## Your goal
Taking the line with "-- every juror" as the first and the line with "let start : Jury" as the last, set down exactly every line in that range from the entries below, and no more.

## Exercise inputs
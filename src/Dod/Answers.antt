-- ===== src/Dod/Answers.antt =====
-- The votes and the merged results of `verify_dod` in epiphany_executor/dod.py against the answers of
-- the checks.
use Prim.Native.Nat.{max}
use epiphany_executor.Prelude.{
  ℕ, zero, suc, ◌+◌, String, Bool, true, false, ◌&&◌, ◌≡◌, refl, ◌∙◌, ap, inl, inr, Option, none,
  some, List, [], ◌∷◌, lookup, lookup-insert, or_else, all, is_empty, if◌then◌else◌, ◌==◌, elem,
  length, insert, eq_iff, ◌⊎◌, arith, Bool-cases,
}
use epiphany_executor.Dod.{
  pass, fail, is_pass, Dod, VerifierContext, RunCheck, Juror, Jury, run_juror, run_jurors, run_jury,
  verify_assembled,
}
use epiphany_executor.Dod.Decided.{
  jury_passes, run_juror-calls, run_jurors-votes, max-one, verify_assembled-decision,
}

module _ (run_check : RunCheck) (vctx : VerifierContext) (c : String) where
  -- Every check that one juror runs for the criterion `c` returns true, when `n` checks ran before.
  abbrev pub answers_of_juror : ℕ → List String → Bool
  answers_of_juror n [] = true
  answers_of_juror n (crit ∷ crits) =
      (if crit == c then run_check n crit vctx else true) && answers_of_juror (n + 1) crits

  -- Every such check of `k` jurors does.
  abbrev pub answers : ℕ → List String → ℕ → Bool
  answers n crits zero = true
  answers n crits (suc k) = answers_of_juror n crits && answers (n + length crits) crits k

  answers_of_juror-absent :
      (n : ℕ) (crits : List String) → elem c crits ≡ false → answers_of_juror n crits ≡ true
  answers_of_juror-absent n [] m = refl
  answers_of_juror-absent n (crit ∷ crits) m = ground (arith, answers_of_juror-absent (n + 1) crits)

  run_juror-lookup :
      (crits : List String) (j : Juror)
      → lookup c (run_juror run_check vctx crits j).merged ≡ (
          if elem c crits
          then some (or_else (lookup c j.merged) true && answers_of_juror j.calls crits)
          else lookup c j.merged)
  unfolding run_juror
  run_juror-lookup [] j = refl
  run_juror-lookup (crit ∷ crits) j =
      let value = or_else (lookup crit j.merged) true && run_check j.calls crit vctx in
      let put = lookup-insert crit c value j.merged in
      run_juror-lookup crits _ ∙ by_name (Bool-cases (crit == c)) put
    where
      by_name :
          (crit == c ≡ true) ⊎ (crit == c ≡ false)
          → lookup c (
              insert crit
                (or_else (lookup crit j.merged) true && run_check j.calls crit vctx)
                j.merged)
            ≡ (if crit == c
                then some (or_else (lookup crit j.merged) true && run_check j.calls crit vctx)
                else lookup c j.merged)
          → (if elem c crits
              then some (
                  or_else
                    (lookup c (
                      insert crit
                        (or_else (lookup crit j.merged) true && run_check j.calls crit vctx)
                        j.merged))
                    true
                  && answers_of_juror (j.calls + 1) crits)
              else lookup c (
                  insert crit
                    (or_else (lookup crit j.merged) true && run_check j.calls crit vctx)
                    j.merged))
            ≡ (if elem c (crit ∷ crits)
                then some
                    (or_else (lookup c j.merged) true && answers_of_juror j.calls (crit ∷ crits))
                else lookup c j.merged)
      by_name (inl same) put =
          let e = ap (λ y. lookup y j.merged) ((eq_iff crit c).0 same) in
          rw (put, same)
            (rw e (elim (Bool-cases (elem c crits)) [
              | inl more ↦ rw more (ground arith)
              | inr last ↦
                  rw last (ground (arith, answers_of_juror-absent (j.calls + 1) crits last))
            ]))
      by_name (inr other) put = rw (put, other) refl

  abbrev is_pos : ℕ → Bool
  is_pos zero = false
  is_pos (suc k) = true

  run_jurors-lookup :
      (crits : List String) (k : ℕ) (s : Jury)
      → lookup c (run_jurors run_check vctx crits k s).merged ≡ (
          if elem c crits && is_pos k
          then some (or_else (lookup c s.merged) true && answers s.calls crits k)
          else lookup c s.merged)
  unfolding run_jurors
  run_jurors-lookup crits zero s = ground arith
  run_jurors-lookup crits (suc k) s =
      let start : Juror = record { calls = s.calls; agreed = true; merged = s.merged } in
      let j = run_juror run_check vctx crits start in
      run_jurors-lookup crits k _
      ∙ rw (run_juror-calls run_check vctx crits start, run_juror-lookup crits start)
          (merge (elem c crits) k (lookup c s.merged) (answers_of_juror s.calls crits)
            (answers (s.calls + length crits) crits) refl)
    where
      merge :
          (m : Bool) (k : ℕ) (o : Option Bool) (p : Bool) (q : ℕ → Bool)
          → q 0 ≡ true
          → (if m && is_pos k
              then some (or_else (if m then some (or_else o true && p) else o) true && q k)
              else if m
              then some (or_else o true && p)
              else o)
            ≡ (if m && true then some (or_else o true && (p && q k)) else o)
      merge m zero o p q none_left = ground (arith, none_left)
      merge m (suc k) o p q none_left = ground arith

-- When the Definition-of-Done has some criterion, the decision is PASS if every objective check of
-- every juror returned true and FAIL otherwise, every vote is PASS exactly in that case, and the
-- recorded result of each objective criterion is true exactly if every check of every juror for
-- this criterion returned true; nothing else is recorded.
pub verify_assembled-objective_results :
    (run_check : RunCheck) (vctx : VerifierContext) (jury : ℕ) (dod : Dod)
    → (is_empty dod.objective && is_empty dod.subjective) ≡ false
    → let v = verify_assembled run_check vctx jury dod in
      let passes = jury_passes run_check vctx 0 dod.objective (max 1 jury) in
      (v.decision ≡ (if passes then pass else fail))
      × (all is_pass v.jury_votes ≡ passes)
      × ((c : String)
          → lookup c v.objective_results ≡ (
              if elem c dod.objective
              then some (answers run_check vctx c 0 dod.objective (max 1 jury))
              else none))
unfolding verify_assembled run_jury
verify_assembled-objective_results run_check vctx jury dod h =
    let start : Jury = record { calls = 0; votes = []; merged = [] } in
    let (k, e) = max-one run_check vctx jury in
    (
      verify_assembled-decision run_check vctx jury dod h,
      rw h (run_jurors-votes run_check vctx dod.objective (max 1 jury) start),
      λ c.
          rw (h, e) (run_jurors-lookup run_check vctx c dod.objective (suc k) start ∙ ground arith),
    )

## Output of the exercise
-- every juror returned true and FAIL otherwise, every vote is PASS exactly in that case, and the
-- recorded result of each objective criterion is true exactly if every check of every juror for
-- this criterion returned true; nothing else is recorded.
pub verify_assembled-objective_results :
    (run_check : RunCheck) (vctx : VerifierContext) (jury : ℕ) (dod : Dod)
    → (is_empty dod.objective && is_empty dod.subjective) ≡ false
    → let v = verify_assembled run_check vctx jury dod in
      let passes = jury_passes run_check vctx 0 dod.objective (max 1 jury) in
      (v.decision ≡ (if passes then pass else fail))
      × (all is_pass v.jury_votes ≡ passes)
      × ((c : String)
          → lookup c v.objective_results ≡ (
              if elem c dod.objective
              then some (answers run_check vctx c 0 dod.objective (max 1 jury))
              else none))
unfolding verify_assembled run_jury
verify_assembled-objective_results run_check vctx jury dod h =
    let start : Jury = record { calls = 0; votes = []; merged = [] } in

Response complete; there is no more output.